Stored data entries:
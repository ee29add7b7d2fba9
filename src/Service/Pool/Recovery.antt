-- ===== src/Service/Pool/Recovery.antt =====
-- service/app.py `_recover_pending`: which incidents are run again after a restart.
use quellgeist.Base.{
  suc, String, true, false, List, [], ◌∷◌, ◌≡◌, refl, sym, ◌⊎◌, inl, inr, any, keep, In, In-keep,
  In-order_by, Bool-cases, order_by, subst, ◌==◌, string_eq,
}
use quellgeist.Effects.{ok, ok-injective, Result-cases}
use quellgeist.Store.Models.{
  Status, status_beq, queued, running, pending_review, posted, rejected, failed, completed,
  Incident, RunRecord,
}
use quellgeist.Store.World.{World, Action, connect, transaction, ◌>>=◌}
use quellgeist.Store.Dao.{incidents_by_status, list_runs, runs_of, set_incident_status}
use quellgeist.Service.Pool.{reconcile, fetch_each, fetch}

-- An incident of the list with this id, no run of which has completed.
Unfinished : List Incident → List RunRecord → String → Type 0
Unfinished incidents runs id =
    (i : Incident) × In i incidents
    × (i.id ≡ id)
    × (any (λ r. completed r.outcome)
          (order_by (λ r. r.started_ts) (keep (λ r. r.incident_id == i.id) runs))
        ≡ false)

-- One more incident at the head of the list.
Unfinished-later :
    (i : Incident) (is : List Incident) (runs : List RunRecord) (id : String)
    → Unfinished is runs id
    → Unfinished (i ∷ is) runs id
unfolding Unfinished
Unfinished-later i is runs id (j, k, q, r) = (j, inr k, q, r)

reconcile-Unfinished :
    (i : Incident) (is : List Incident) (w : World) (ids : List String) (id : String)
    (others : Action (List String))
    → ((w' : World) (xs : List String)
        → w'.runs ≡ w.runs
        → (others w').0 ≡ ok xs
        → In id xs
        → Unfinished is w.runs id)
    → (reconcile i others (runs_of i.id w) w).0 ≡ ok ids
    → In id ids
    → Unfinished (i ∷ is) w.runs id
unfolding reconcile runs_of set_incident_status transaction ◌>>=◌
reconcile-Unfinished i is w ids id others hyp e h =
    elim (Bool-cases (any (λ r. completed r.outcome) (runs_of i.id w))) [
      | inl c ↦ elim (Bool-cases (w.faults w.transactions)) [
        | inl x ↦ absurd (cc (rw (c, x) at e))
        | inr x ↦ Unfinished-later i is w.runs id (hyp _ ids refl (rw (c, x) at e) h)
      ]
      | inr c ↦ elim (Result-cases (others w).0) [
        | inl (_, x) ↦ absurd (cc (rw (c, x) at e))
        | inr (xs, x) ↦ elim (subst (λ l. In id l) (sym (ok-injective (rw (c, x) at e))) h) [
          | inl q ↦ unfold Unfinished in (i, inl refl, sym q, c)
          | inr k ↦ Unfinished-later i is w.runs id (hyp w xs refl x k)
        ]
      ]
    ]

fetch_each-Unfinished :
    (is : List Incident) (runs : List RunRecord) (w : World) (ids : List String) (id : String)
    → w.runs ≡ runs
    → (fetch_each is w).0 ≡ ok ids
    → In id ids
    → Unfinished is runs id
unfolding fetch_each list_runs transaction ◌>>=◌
fetch_each-Unfinished [] runs w ids id same e h =
    absurd (subst (λ xs. In id xs) (sym (ok-injective e)) h)
fetch_each-Unfinished (i ∷ is) runs w ids id same e h =
    elim (Bool-cases (w.faults w.transactions)) [
      | inl v ↦ absurd (cc (rw v at e))
      | inr v ↦
          subst (λ rs. Unfinished (i ∷ is) rs id) same
            (reconcile-Unfinished i is (record w { transactions = suc w.transactions }) ids id
              (fetch_each is) (λ w' xs q. fetch_each-Unfinished is w.runs w' xs id q) (rw v at e) h)
    ]

is_stranded :
    (s : Status) → any (status_beq s) (queued ∷ running ∷ []) ≡ true → (s ≡ queued) ⊎ (s ≡ running)
unfolding status_beq any
is_stranded queued e = inl refl
is_stranded running e = inr refl
is_stranded pending_review e = absurd (cc)
is_stranded posted e = absurd (cc)
is_stranded rejected e = absurd (cc)
is_stranded failed e = absurd (cc)

-- What is fetched after a restart to run again: only ids of incidents that are stored as queued or
-- running and none of whose runs has completed.
pub fetch-Unfinished :
    (w : World) (ids : List String) (id : String)
    → (fetch w).0 ≡ ok ids
    → In id ids
    → (i : Incident) × In i w.incidents
      × (i.id ≡ id)
      × ((i.status ≡ queued) ⊎ (i.status ≡ running))
      × (any (λ r. completed r.outcome) (runs_of i.id w) ≡ false)
unfolding fetch incidents_by_status connect transaction ◌>>=◌ runs_of Unfinished
fetch-Unfinished w ids id e h = elim (Bool-cases (w.faults w.transactions)) [
  | inl v ↦ absurd (cc (rw v at e))
  | inr v ↦ elim (Bool-cases (w.faults (suc w.transactions))) [
    | inl x ↦ absurd (cc (rw (v, x) at e))
    | inr x ↦
        let (i, k, q, r) = fetch_each-Unfinished _ w.runs _ ids id refl (rw (v, x) at e) h in
        let (stored, s) =
          (In-keep i _ w.incidents).0 ((In-order_by (λ i. i.received_ts) i _).0 k) in
        (i, stored, q, is_stranded i.status s, r)
  ]
]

WORK TO COMPLETE ▸ Of the lines in the data, report each one containing the string "same".

ANSWER BOX ▸
fetch_each-Unfinished [] runs w ids id same e h =
fetch_each-Unfinished (i ∷ is) runs w ids id same e h =
          subst (λ rs. Unfinished (i ∷ is) rs id) same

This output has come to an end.